Other recommendations in the report include calls for a full review and evaluation of the “hostile environment” policy and the creation of a “migrants commissioner responsible for speaking up for migrants and those affected by the system”.

The report says some individual decision-makers within the Home Office operated an irrational and unreasonable approach towards individuals, requiring multiple documents for proof of presence in the UK for each year of residence. The department has accepted there was no basis for doing this.

Some of these criticisms have been made before. A series of parliamentary reports have already criticised the government and the Home Office for its handling of the scandal. A National Audit Office report in 2018 said the Home Office showed a “lack of urgency” in its approach. Historically, the immigration system was condemned in 2006 as “not fit for purpose” by the then home secretary, John Reid.

Williams was commissioned in June 2018 to write the Windrush Lessons Learned review by Sajid Javid, then home secretary, after the scandal came to public attention following months of coverage in the Guardian.

It had become clear that the Home Office had wrongly designated thousands of legal UK residents as being in the country illegally. Most had moved to the UK as children in the 1950s and 1960s with their parents, many of whom had been recruited to take up jobs in the health service and with London transport. People who had never naturalised or applied for a UK passport found themselves branded as immigration offenders in later life.

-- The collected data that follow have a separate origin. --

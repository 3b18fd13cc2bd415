-- ===== src/Quic/Stream/Exhausting.antt =====
-- `pending_data` of src/quic/stream.cpp holds nothing back: what is queued is handed out, the next chunk
-- is carved when it is due, and the end is told with the last bytes.
use anyhttp.Prelude.{
  ℕ, zero, suc, ◌+◌, ◌-◌, ◌≤◌, ◌<◌, ◌≡◌, refl, sym, ap, ◌∙◌, inl, inr, Bool, true, false, ◌||◌,
  ◌&&◌, List, [], ◌∷◌, Bytes, length, length-append, length-drop, drop, ltb, leb, ◌==◌, arith,
  Bool-cases,
}
use native.Mathlib.Decide.{dec_le}
use anyhttp.Quic.Stream.State.{Outgoing, Chunk, WriteMode-cases, is_staged}
use anyhttp.Quic.Stream.Output.{carve, pending_data, slices, ends_body, hand_out}
use anyhttp.Quic.Stream.Positions.{IsOrdered, carve-IsOrdered}
use anyhttp.Quic.Stream.Bytes.{concat, Carries, Covers, hand_out-skip, hand_out-take}
use anyhttp.Quic.Stream.Sends.{IsLive, slices-zero_copy}
use anyhttp.Quic.Stream.Body.{uncarved, Holds, carve-Holds}
use anyhttp.Quic.Stream.Offering.{slices-IsFront, carve_lem}

hand_out-some :
    (cs : List Chunk) (room from end off : ℕ) (text : Bytes)
    → Covers off text cs
    → off ≤ from
    → from < off + length text
    → 0 < length (concat (hand_out (suc room) from end cs).0)
hand_out-some [] room from end off text c l h =
    absurd (omega (arith, h, ap (λ (x : Bytes). length x) c))
hand_out-some (c ∷ cs) room from end off text (tail, o, n, t, k) l h =
    let sizes : length text ≡ length c.content + length tail =
      ap (λ (x : Bytes). length x) t ∙ length-append c.content tail in
    elim (dec_le (off + length c.content) from) [
      | yes past ↦
          rw (hand_out-skip (suc room) from end c cs (omega arith))
            (hand_out-some cs room from end (off + length c.content) tail k past (omega arith))
      | no inside ↦ rw (hand_out-take room from end c cs (omega arith)) (
          omega (
            arith,
            length-append (drop (from - c.offset) c.content)
                (concat (hand_out room from (c.offset + length c.content) cs).0),
            length-drop (from - c.offset) c.content,
          ))
    ]

slices-some :
    (s : Outgoing) (body : Bytes) (from room : ℕ)
    → IsOrdered s
    → Carries body s
    → IsLive s
    → s.tx_acked ≤ from
    → from < s.tx_queued
    → 0 < length (concat (slices s from (suc room)).0)
slices-some s body from room v c live a q = elim (WriteMode-cases s.write_mode) [
  | inl m ↦
      let active : s.write_active ≡ true = elim (Bool-cases s.write_active) [
        | inl e ↦ e
        | inr e ↦ absurd (omega (arith, v.released m e live.0 live.1, a, q))
      ] in
      let (rest, e, end) = slices-zero_copy s body from (suc room) v c live m a (omega arith) in
      let last : (slices s from (suc room)).1 ≡ s.tx_queued = unfold slices in ground arith in
      omega (arith, end, last)
  | inr m ↦
      let (lead, text, split, old, cover) = c.copied m in
      let total : length lead + length text ≡ s.tx_queued =
        omega (arith, c.total, ap (λ (b : Bytes). length b) split, length-append lead text) in
      unfold slices in
      rw (m, slices)
        (hand_out-some s.chunks room from from (length lead) text cover (omega arith) (omega arith))
]

-- Whether the next chunk of a write in Staged mode is to be carved.
abbrev pub is_due : Outgoing → Bool
is_due s =
    is_staged s.write_mode
    && s.write_active
    && leb s.tx_queued s.tx_sent
    && ltb s.write_copied (length s.write_source)

carve-due : (s : Outgoing) → IsOrdered s → is_due s ≡ true → s.tx_queued < (carve s).tx_queued
unfolding carve
carve-due s v e = ground arith

-- Nothing is handed out only when all that is queued has been, and no chunk is due.
pub offer-some :
    (s : Outgoing) (body : Bytes) (from room : ℕ)
    → IsOrdered s
    → Holds body s
    → IsLive s
    → 0 < room
    → s.tx_acked ≤ from
    → from ≤ s.tx_queued
    → length (concat (pending_data s from room).vec) ≡ 0
    → (s.tx_queued ≡ from) × (is_due s ≡ false)
offer-some s body from zero v h live p l m none_out = absurd (omega arith)
offer-some s body from (suc room) v h live p l m none_out =
    let open_still : (suc room == 0) || s.closed || s.write_aborted ≡ false = ground arith in
    let t = carve s in
    let (acked_same, more, eof_same, closed_same, aborted_same) = carve_lem s v in
    let (queued, c, split) = carve-Holds body s v h in
    let same : concat (pending_data s from (suc room)).vec ≡ concat (slices t from (suc room)).0 =
      unfold pending_data in rw open_still refl in
    let all_out : t.tx_queued ≤ from = elim (dec_le t.tx_queued from) [
      | yes e ↦ e
      | no e ↦ absurd (
          omega (
            arith,
            slices-some t queued from room (carve-IsOrdered v) c
                (closed_same ∙ live.0, aborted_same ∙ live.1) (omega arith) (omega arith),
            ap (λ (x : Bytes). length x) same,
            none_out,
          ))
    ] in
    (
      omega arith,
      elim (Bool-cases (is_due s)) [ inl e ↦ absurd (omega (arith, carve-due s v e)) | inr e ↦ e ],
    )

carve-write :
    (s : Outgoing)
    → ((carve s).write_active ≡ s.write_active) × ((carve s).write_is_eof ≡ s.write_is_eof)
unfolding carve
carve-write s = ground arith

ends-all :
    (t : Outgoing) (end : ℕ)
    → IsOrdered t
    → t.write_active ≡ true
    → t.write_is_eof ≡ true
    → length (uncarved t) ≡ 0
    → t.tx_queued ≤ end
    → ends_body t end ≡ true
unfolding ends_body
ends-all t end v a e u q = elim (WriteMode-cases t.write_mode) [
  | inl z ↦ rw (z, a, e) (ground arith)
  | inr z ↦
      let left : length (drop t.write_copied t.write_source) ≡ 0 = rw (z, a) at u in
      let copied : t.write_copied ≡ length t.write_source =
        omega (arith, left, length-drop t.write_copied t.write_source, v.copied_le a) in
      ground arith
]

-- The last bytes of a write that ends the body come with the end.
pub offer-ends :
    (s : Outgoing) (body : Bytes) (from room : ℕ)
    → IsOrdered s
    → Holds body s
    → IsLive s
    → 0 < room
    → s.tx_acked ≤ from
    → from ≤ s.tx_queued
    → s.write_active ≡ true
    → s.write_is_eof ≡ true
    → length (drop from body) ≡ length (concat (pending_data s from room).vec)
    → (pending_data s from room).fin ≡ true
offer-ends s body from room v h live p l m active eof whole =
    let open_still : room == 0 || s.closed || s.write_aborted ≡ false = ground arith in
    let t = carve s in
    let (acked_same, more, eof_same, closed_same, aborted_same) = carve_lem s v in
    let (queued, c, split) = carve-Holds body s v h in
    let r = slices t from room in
    let (rest, f, end) =
      slices-IsFront t queued from room (carve-IsOrdered v) c
        (closed_same ∙ live.0, aborted_same ∙ live.1) (omega arith) (omega arith) in
    let same : concat (pending_data s from room).vec ≡ concat r.0 =
      unfold pending_data in rw open_still refl in
    let told : (pending_data s from room).fin ≡ ends_body t r.1 =
      unfold pending_data in rw open_still refl in
    let size : length body ≡ length queued + length (uncarved t) =
      ap (λ (x : Bytes). length x) split ∙ length-append queued (uncarved t) in
    let handed : length queued - from ≡ length (concat r.0) + length rest =
      sym (length-drop from queued)
      ∙ ap (λ (x : Bytes). length x) f
      ∙ length-append (concat r.0) rest in
    let out : length body - from ≡ length (concat r.0) =
      sym (length-drop from body) ∙ whole ∙ ap (λ (x : Bytes). length x) same in
    told
    ∙ ends-all t r.1 (carve-IsOrdered v) ((carve-write s).0 ∙ active) (eof_same ∙ eof)
        (omega (arith, size, handed, out, c.total, more, m))
        (omega (arith, size, handed, out, c.total, more, m, end))
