-- ===== src/Selection/Ranking/Best.antt =====
-- The selected backend is the best candidate, and the order of the candidates does not matter.
use Prim.Native.Nat.{Ordering, lt, eq, gt}
use score_orchestrator.Base.{
  ◌↔◌, Bool, not, ◌≡◌, ◌≢◌, ◌∙◌, refl, sym, ap, Option, none, some, List, [], ◌∷◌, arith, inl, inr,
  In, All, All-In, if◌then◌else◌,
}
use score_orchestrator.Base.Int.{ℤ, pos, negsuc, eqb_ℤ, ltb_ℤ}
use score_orchestrator.Base.Text.{codes, codes-injective}
use score_orchestrator.Base.Order.{
  IsPreorder, swap, then_by, is_lt, compare_text, compare_text-IsPreorder, compare_ℤ,
  compare_ℤ-IsPreorder, chain-IsPreorder, on-IsPreorder, dual-IsPreorder, eq_of_compare_text,
}
use score_orchestrator.Api.Config.{BackendSpec}
use score_orchestrator.Selection.Ranking.Sort.{first_of_sort}
use score_orchestrator.Selection.Ranking.{
  SemVer, less_version, less, first_candidate, select_backend,
}

module _ (semver : SemVer) where
  open semver use {Version, new_version, compare, precedence}

  -- Valid versions come first, the newer before the older.
  abbrev compare_version : Option Version → Option Version → Ordering
  compare_version (some v) (some w) = compare w v
  compare_version (some v) none = lt
  compare_version none (some w) = gt
  compare_version none none = eq

  compare_version-IsPreorder : IsPreorder compare_version
  compare_version-IsPreorder = record { swapped = swapped; trans = trans }
    where
      swapped : (a b : Option Version) → compare_version b a ≡ swap (compare_version a b)
      swapped (some v) (some w) = precedence.swapped w v
      swapped (some v) none = refl
      swapped none (some w) = refl
      swapped none none = refl

      trans :
          (a b c : Option Version)
          → compare_version a b ≢ gt
          → compare_version b c ≢ gt
          → compare_version a c ≢ gt
      trans (some u) (some v) (some w) h k = precedence.trans w v u k h
      trans (some u) b none h k = cc
      trans (some u) none (some w) h k = absurd (k refl)
      trans none (some v) c h k = absurd (h refl)
      trans none none c h k = k

  -- Priority (higher first), then version, then id (smaller first).
  abbrev pub ranking : BackendSpec → BackendSpec → Ordering
  ranking a b = then_by (compare_ℤ b.priority a.priority) (
      then_by (compare_version (new_version a.version) (new_version b.version))
        (compare_text (codes a.backend_id) (codes b.backend_id)))

  ranking-IsPreorder : IsPreorder ranking
  ranking-IsPreorder =
      chain-IsPreorder _ _
        (on-IsPreorder (λ (b : BackendSpec). b.priority) _
          (dual-IsPreorder compare_ℤ compare_ℤ-IsPreorder))
        (chain-IsPreorder _ _
          (on-IsPreorder (λ (b : BackendSpec). new_version b.version) _ compare_version-IsPreorder)
          (on-IsPreorder (λ (b : BackendSpec). codes b.backend_id) _ compare_text-IsPreorder))

  less_version-eq :
      (o p : Option Version) (c : Ordering)
      → less_version semver o p (is_lt c) ≡ is_lt (then_by (compare_version o p) c)
  unfolding less
  less_version-eq (some v) (some w) c = ground (arith, precedence.swapped v w)
  less_version-eq (some v) none c = refl
  less_version-eq none (some w) c = refl
  less_version-eq none none c = refl

  -- The function that the code sorts by tells whether one backend ranks before another.
  less-eq-ranking : (a b : BackendSpec) → less semver a b ≡ is_lt (ranking a b)
  unfolding less
  less-eq-ranking a b = by_priority a.priority b.priority _ _ (
      less_version-eq (new_version a.version) (new_version b.version)
        (compare_text (codes a.backend_id) (codes b.backend_id)))
    where
      by_priority :
          (p q : ℤ) (x : Bool) (c : Ordering)
          → x ≡ is_lt c
          → (if not (eqb_ℤ p q) then ltb_ℤ q p else x) ≡ is_lt (then_by (compare_ℤ q p) c)
      by_priority (pos p) (pos q) x c h = ground arith
      by_priority (negsuc p) (negsuc q) x c h = ground arith
      by_priority (pos p) (negsuc q) x c h = ground arith
      by_priority (negsuc p) (pos q) x c h = ground arith

-- The backend ranks at or before each of the candidates.
abbrev pub Best : SemVer → BackendSpec → List BackendSpec → Type 0
Best semver b candidates = All (λ c. ranking semver b c ≢ gt) candidates

abbrev pub HasDistinctIds : List BackendSpec → Type 0
HasDistinctIds [] = Unit
HasDistinctIds (b ∷ bs) = All (λ c. c.backend_id ≢ b.backend_id) bs × HasDistinctIds bs

-- Where there are candidates a backend is selected: it is one of them, and it ranks at or before
-- each of them by priority, then version, then id.
pub select_backend_lem :
    (semver : SemVer) (c : BackendSpec) (candidates : List BackendSpec)
    → (b : BackendSpec) × (select_backend semver (c ∷ candidates) ≡ some b)
      × In b (c ∷ candidates)
      × Best semver b (c ∷ candidates)
unfolding select_backend
select_backend_lem semver c candidates =
    let (b, others, e, member, first) =
      first_of_sort (less semver) (ranking semver) (ranking-IsPreorder semver)
        (less-eq-ranking semver) c candidates in
    (b, ap first_candidate e, member, first)

same_id :
    (cs : List BackendSpec) {b d : BackendSpec}
    → HasDistinctIds cs
    → In b cs
    → In d cs
    → b.backend_id ≡ d.backend_id
    → b ≡ d
same_id [] h m n e = elim m [ ]
same_id (c ∷ cs) h (inl m) (inl n) e = m ∙ sym n
same_id (c ∷ cs) {b} {d} (h, hs) (inl m) (inr n) e =
    absurd (All-In _ cs h n (sym e ∙ ap (λ (x : BackendSpec). x.backend_id) m))
same_id (c ∷ cs) {b} {d} (h, hs) (inr m) (inl n) e =
    absurd (All-In _ cs h m (e ∙ ap (λ (x : BackendSpec). x.backend_id) n))
same_id (c ∷ cs) (h, hs) (inr m) (inr n) e = same_id cs hs m n e

then_by-eq : (o p : Ordering) → then_by o p ≡ eq → p ≡ eq
then_by-eq o p h = ground arith

-- Two backends that rank at or before each other have the same id.
tie_id :
    (semver : SemVer) (a b : BackendSpec)
    → ranking semver a b ≢ gt
    → ranking semver b a ≢ gt
    → a.backend_id ≡ b.backend_id
tie_id semver a b h k =
    let swapped = (ranking-IsPreorder semver).swapped a b in
    let tie : ranking semver a b ≡ eq = not_strict (ranking semver a b) _ swapped h k in
    codes-injective a.backend_id b.backend_id
      (eq_of_compare_text _ _ (then_by-eq _ _ (then_by-eq _ _ tie)))
  where
    not_strict : (o p : Ordering) → p ≡ swap o → o ≢ gt → p ≢ gt → o ≡ eq
    not_strict o p e h k = ground arith

-- The candidates' order does not matter: two lists that are not empty and have the same members,
-- those of the first with distinct ids, give the same backend.
pub select_backend_deterministic :
    (semver : SemVer) (c d : BackendSpec) (cs ds : List BackendSpec)
    → HasDistinctIds (c ∷ cs)
    → ((z : BackendSpec) → In z (c ∷ cs) ↔ In z (d ∷ ds))
    → select_backend semver (c ∷ cs) ≡ select_backend semver (d ∷ ds)
select_backend_deterministic semver c d cs ds h same =
    let (a, selected, member, first) = select_backend_lem semver c cs in
    let (b, selected', member', first') = select_backend_lem semver d ds in
    let b_member = (same b).1 member' in
    let a_first = All-In (λ z. ranking semver a z ≢ gt) (c ∷ cs) first b_member in
    let b_first = All-In (λ z. ranking semver b z ≢ gt) (d ∷ ds) first' ((same a).0 member) in
    let a_is_b = same_id (c ∷ cs) h member b_member (tie_id semver a b a_first b_first) in
    selected ∙ ap some a_is_b ∙ sym selected'
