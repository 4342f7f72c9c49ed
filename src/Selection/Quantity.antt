-- ===== src/Selection/Quantity.antt =====
-- The quantities of internal/selection/selector.go: parseQuantity, validateQuantityConstraint and
-- calculateWorkloadResources. An int64 is its bit pattern, a number below 2 ^ 64; an error of
-- strconv is `none`.
pub mod Decimal
pub mod Range
pub mod Totals
use score_orchestrator.Base.{
  ℕ, zero, suc, ◌+◌, ◌-◌, ◌*◌, ◌/◌, ◌%◌, ◌^◌, String, Bool, true, false, not, ◌&&◌, ◌||◌, Option,
  none, some, List, [], ◌∷◌, ◌++◌, ltb, leb, eqb, if◌then◌else◌, is_empty,
}
use score_orchestrator.Base.Dict.{Dict, lookup}
use score_orchestrator.Base.Text.{Codes, codes, same_text, split}
use score_orchestrator.Api.Workload.{ContainerSpec, ResourceRequirements}
use score_orchestrator.Api.Config.{ResourceConstraints}

abbrev pub int64_mod : ℕ
int64_mod = 2 ^ 64

abbrev pub int64_half : ℕ
int64_half = 2 ^ 63

-- a < b on int64
abbrev pub int64_lt : ℕ → ℕ → Bool
int64_lt a b = ltb ((a + int64_half) % int64_mod) ((b + int64_half) % int64_mod)

-- The digits of strconv.ParseInt, with no bound yet.
unfoldable pub scan : Codes → ℕ → Option ℕ
scan [] n = some n
scan (c ∷ s) n = if leb b'0' c && leb c b'9' then scan s (n * 10 + (c - b'0')) else none

unfoldable pub parse_digits : Codes → Option ℕ
unfolding scan
parse_digits [] = none
parse_digits (c ∷ s) = scan (c ∷ s) 0

abbrev positive : Option ℕ → Option ℕ
positive none = none
positive (some n) = if ltb n int64_half then some n else none

abbrev negative : Option ℕ → Option ℕ
negative none = none
negative (some n) = if leb n int64_half then some ((int64_mod - n) % int64_mod) else none

-- strconv.ParseInt(s, 10, 64)
unfoldable pub parse_int : Codes → Option ℕ
unfolding parse_digits
parse_int [] = none
parse_int (c ∷ s) =
    if eqb c b'-'
    then negative (parse_digits s)
    else if eqb c b'+'
    then positive (parse_digits s)
    else positive (parse_digits (c ∷ s))

-- strings.HasSuffix with strings.TrimSuffix: what stands before the suffix, if it is there.
unfoldable pub strip_suffix : Codes → Codes → Option Codes
strip_suffix t [] = if same_text [] t then some [] else none
strip_suffix t (c ∷ s) =
    let shorter : Option Codes = elim (strip_suffix t s) [ none ↦ none | some r ↦ some (c ∷ r) ] in
    if same_text (c ∷ s) t then some [] else shorter

-- `val * 1024 * …` on int64, with the error passed on
scaled : ℕ → Option ℕ → Option ℕ
scaled k none = none
scaled k (some n) = some ((n * k) % int64_mod)

unfoldable pub parse_quantity : Codes → Option ℕ
unfolding parse_int strip_suffix scaled
parse_quantity s = if is_empty s then some 0 else elim (strip_suffix (codes "m") s) [
  | some value ↦ parse_int value
  | none ↦ elim (strip_suffix (codes "Mi") s) [
    | some value ↦ scaled (1024 * 1024) (parse_int value)
    | none ↦ elim (strip_suffix (codes "Gi") s) [
      | some value ↦ scaled (1024 * 1024 * 1024) (parse_int value)
      | none ↦ parse_int s
    ]
  ]
]

-- The digits of a number by fmt's %d. Twenty digits are enough below 10 ^ 20.
unfoldable pub emit : ℕ → ℕ → Codes → Codes
emit zero n out = out
emit (suc fuel) n out =
    let rest = emit fuel (n / 10) ((b'0' + n % 10) ∷ out) in
    if ltb n 10 then (b'0' + n % 10) ∷ out else rest

unfoldable pub format_int : ℕ → Codes
unfolding emit
format_int n = if ltb n int64_half then emit 20 n [] else b'-' ∷ emit 20 (int64_mod - n) []

-- The tests of one bound: an empty bound is not looked at.
above_minimum : ℕ → Codes → Bool
above_minimum actual [] = true
above_minimum actual (c ∷ s) = elim (parse_quantity (c ∷ s)) [
  | none ↦ false
  | some minimum ↦ not (int64_lt actual minimum)
]

below_maximum : ℕ → Codes → Bool
below_maximum actual [] = true
below_maximum actual (c ∷ s) = elim (parse_quantity (c ∷ s)) [
  | none ↦ false
  | some maximum ↦ not (int64_lt maximum actual)
]

in_range : Option ℕ → Codes → Codes → Bool
in_range none minimum maximum = false
in_range (some actual) minimum maximum =
    if above_minimum actual minimum then below_maximum actual maximum else false

-- The switch on the number of parts.
match_parts : Codes → Codes → List Codes → Bool
match_parts actual constraint (part ∷ []) = same_text actual constraint
match_parts actual constraint (minimum ∷ maximum ∷ []) =
    in_range (parse_quantity actual) minimum maximum
match_parts actual constraint _ = false

unfoldable pub validate_quantity_constraint : Codes → Codes → Bool
unfolding match_parts in_range above_minimum below_maximum
validate_quantity_constraint actual constraint =
    if is_empty constraint then true else match_parts actual constraint (split constraint b'-')

-- One `if str, exists := Requests[name]` of the loop: a quantity that does not parse adds nothing.
request : String → ContainerSpec → ℕ
request name c = elim c.resources [
  | none ↦ 0
  | some r ↦ elim (lookup name r.requests) [
    | none ↦ 0
    | some text ↦ elim (parse_quantity (codes text)) [ none ↦ 0 | some n ↦ n ]
  ]
]

-- The sum of one resource over the containers, in int64.
unfoldable pub total : String → ℕ → Dict ContainerSpec → ℕ
unfolding request
total name sum [] = sum
total name sum ((key, c) ∷ containers) = total name ((sum + request name c) % int64_mod) containers

unfoldable pub calculate_workload_resources : Dict ContainerSpec → Codes × Codes × Codes
unfolding total format_int
calculate_workload_resources containers = (
  format_int (total "cpu" 0 containers) ++ codes "m",
  format_int (total "memory" 0 containers),
  format_int (total "ephemeral-storage" 0 containers),
)

-- One constraint field: an empty one admits all.
admits : Codes → Codes → Bool
admits actual constraint =
    if is_empty constraint then true else validate_quantity_constraint actual constraint

unfoldable pub validate_resource_constraints : Dict ContainerSpec → ResourceConstraints → Bool
unfolding admits calculate_workload_resources validate_quantity_constraint
validate_resource_constraints containers limits =
    let (cpu, memory, storage) = calculate_workload_resources containers in
    if not (admits cpu (codes limits.cpu))
    then false
    else if not (admits memory (codes limits.memory))
    then false
    else admits storage (codes limits.storage)
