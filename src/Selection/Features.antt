-- ===== src/Selection/Features.antt =====
-- getWorkloadFeatures and validateFeatureRequirements of internal/selection/selector.go. A feature
-- set is the list of the keys that were set to true.
pub mod Detected
use score_orchestrator.Base.{
  ℕ, String, Bool, true, false, not, ◌&&◌, ◌||◌, Option, none, some, List, [], ◌∷◌, ◌++◌, ◌==◌,
  is_empty, any, if◌then◌else◌,
}
use score_orchestrator.Base.Int.{ℤ, pos, eqb_ℤ}
use score_orchestrator.Base.Dict.{entries_of, Dict, lookup}
use score_orchestrator.Base.Text.{
  Codes, codes, same_text, contains, split, trim_space, to_lower, to_upper,
}
use score_orchestrator.Api.Workload.{
  Workload, ServiceSpec, ServicePort, ContainerSpec, ResourceSpec,
}

abbrev pub FeatureSet : Type 0
FeatureSet = List Codes

-- featureSet[feature]
abbrev pub has : Codes → FeatureSet → Bool
has feature set = any (same_text feature) set

-- `workload.Spec.Service.Ports`, and no ports where there is no service
abbrev pub service_ports : Workload → List ServicePort
service_ports w = elim w.spec.service [ none ↦ [] | some s ↦ s.ports ]

abbrev is_port : ℤ → ℕ → Bool
is_port p n = eqb_ℤ p (pos n)

abbrev pub is_http_port : ServicePort → Bool
is_http_port p =
    is_port p.port 80 || is_port p.port 8080 || is_port p.port 3000 || is_port p.port 8000

abbrev pub is_https_port : ServicePort → Bool
is_https_port p = is_port p.port 443 || is_port p.port 8443

abbrev pub is_monitoring_port : ServicePort → Bool
is_monitoring_port p = is_port p.port 9090 || is_port p.port 9100 || is_port p.port 3000

abbrev pub names_monitoring : String × String → Bool
names_monitoring (name, value) =
    let upper = to_upper (codes name) in
    contains upper (codes "METRICS")
    || contains upper (codes "MONITORING")
    || contains upper (codes "PROMETHEUS")

abbrev pub monitors : String × ContainerSpec → Bool
monitors (name, container) = any names_monitoring (entries_of container.variables)

abbrev pub stores_files : String × ContainerSpec → Bool
stores_files (name, container) = not (is_empty container.files)

abbrev pub is_database : String × ResourceSpec → Bool
is_database (key, resource) =
    let type = to_lower (codes resource.type) in
    contains type (codes "postgres")
    || contains type (codes "mysql")
    || contains type (codes "database")
    || contains type (codes "redis")

-- One round of the loop over the ports.
ingress_of_port : ServicePort → FeatureSet → FeatureSet
ingress_of_port p set =
    let with_http = if is_http_port p then codes "http-ingress" ∷ set else set in
    if is_https_port p then codes "http-ingress" ∷ codes "https-ingress" ∷ with_http else with_http

ingress_of_ports : List ServicePort → FeatureSet → FeatureSet
ingress_of_ports [] set = set
ingress_of_ports (p ∷ ps) set = ingress_of_ports ps (ingress_of_port p set)

unfoldable pub detect_ingress_features : Workload → FeatureSet → FeatureSet
unfolding ingress_of_ports ingress_of_port
detect_ingress_features w set =
    if is_empty (service_ports w)
    then set
    else codes "http-ingress" ∷ ingress_of_ports (service_ports w) set

unfoldable pub detect_monitoring_features : Workload → FeatureSet → FeatureSet
detect_monitoring_features w set =
    if any is_monitoring_port (service_ports w)
    then codes "monitoring" ∷ set
    else if any monitors w.spec.containers
    then codes "monitoring" ∷ set
    else set

abbrev asks_scale_to_zero : Option String → Bool
asks_scale_to_zero none = false
asks_scale_to_zero (some value) = value == "true"

unfoldable pub detect_scale_features : Workload → FeatureSet → FeatureSet
detect_scale_features w set =
    if asks_scale_to_zero (lookup "score.dev/scale-to-zero" w.annotations)
    then codes "scale-to-zero" ∷ set
    else set

unfoldable pub detect_storage_features : Workload → FeatureSet → FeatureSet
detect_storage_features w set =
    if any stores_files w.spec.containers then codes "persistent-storage" ∷ set else set

unfoldable pub detect_database_features : Workload → FeatureSet → FeatureSet
detect_database_features w set =
    if any is_database w.spec.resources then codes "database-connectivity" ∷ set else set

unfoldable pub auto_detect_features : Workload → FeatureSet → FeatureSet
auto_detect_features w set = detect_database_features w (
    detect_storage_features w
      (detect_scale_features w (detect_monitoring_features w (detect_ingress_features w set))))

-- The features that the annotation lists, set one after the other.
abbrev declare_all : List Codes → FeatureSet → FeatureSet
declare_all [] set = set
declare_all (f ∷ fs) set = declare_all fs (trim_space f ∷ set)

unfoldable pub declared_features : Workload → FeatureSet
declared_features w = elim (lookup "score.dev/requirements" w.annotations) [
  | none ↦ []
  | some listed ↦ declare_all (split (codes listed) b',') []
]

unfoldable pub get_workload_features : Workload → FeatureSet
get_workload_features w = auto_detect_features w (declared_features w)

abbrev all_present : FeatureSet → List String → Bool
all_present set [] = true
all_present set (required ∷ rest) =
    if not (has (codes required) set) then false else all_present set rest

unfoldable pub validate_feature_requirements : Workload → List String → Bool
validate_feature_requirements w required =
    if is_empty required then true else all_present (get_workload_features w) required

Some were wrongly deported to countries they had left as children half a century earlier, and others were mistakenly detained in immigration detention centres. Many were sacked by employers who were worried that they faced £20,000 fines for hiring people without the correct documentation. Some were then denied benefits, leaving them destitute. Many were made homeless, denied NHS treatment and prevented from travelling.

The scandal led to the resignation in April 2018 of the then home secretary, Amber Rudd, and put Theresa May’s drive to create a “really hostile environment for illegal migration” under the spotlight.

In the past two years the government’s Windrush taskforce, set up to assist those affected, has given documentation to more than 8,000 people confirming that they have the right to remain in the UK.

A compensation scheme was launched last April with an estimated budget of between £200m and £570m. The slowness and complexity of the scheme has been widely criticised and by February only £62,198 of compensation had been paid out, shared between 36 people.